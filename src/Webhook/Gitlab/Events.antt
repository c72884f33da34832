-- ===== src/Webhook/Gitlab/Events.antt =====
-- The events of the package go-gitlab, by the fields that vcsutils/webhookparser/gitlab.go reads.
-- A pointer is an `Option`. The package's functions are the parameter `Api`.
use froggit_go.Base.{String, ℤ, Option, none, List, Result}
use froggit_go.Vcs.Values.{Zero}
use froggit_go.Webhook.Http.{Request, Time}

pub record PushCommit : Type 0 where
  pub message : String
  pub url : String
  pub timestamp : Option Time
  pub author_name : String
  pub author_email : String

pub record PushEvent : Type 0 where
  pub before : String
  pub after : String
  pub ref : String
  pub user_username : String
  pub user_email : String
  pub user_name : String
  pub user_avatar : String
  pub project_path : String
  pub commits : List (Option PushCommit)

pub record TagEvent : Type 0 where
  pub before : String
  pub after : String
  pub ref : String
  pub checkout_sha : String
  pub message : String
  pub user_username : String
  pub user_email : String
  pub user_name : String
  pub user_avatar : String
  pub project_path : String

pub record Repository : Type 0 where
  pub path_with_namespace : String

pub record EventUser : Type 0 where
  pub username : String
  pub name : String
  pub email : String
  pub avatar_url : String

pub record MergeEvent : Type 0 where
  pub user : Option EventUser
  pub action : String
  pub iid : ℤ
  pub title : String
  pub url : String
  pub updated_at : String
  pub source : Option Repository
  pub target : Option Repository
  pub source_branch : String
  pub target_branch : String
  pub last_commit_id : String
  pub last_commit_author_email : String

pub data Event : Type 0 where
  push_event : PushEvent → Event
  merge_event : MergeEvent → Event
  tag_event : TagEvent → Event
  other_event : Event

pub record Api : Type 0 where
  pub webhook_event_type : Request → String
  pub parse_webhook : String → String → Result Event

instance abbrev pub push_commit_zero : Zero PushCommit
push_commit_zero = record {
  value = record { message = ""; url = ""; timestamp = none; author_name = ""; author_email = "" };
}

==================================================

**What to produce**
Only the lines from the one containing "value = record" to the end of the data should be printed, exactly as they stand.

**Final answer**
  value = record { message = ""; url = ""; timestamp = none; author_name = ""; author_email = "" };
}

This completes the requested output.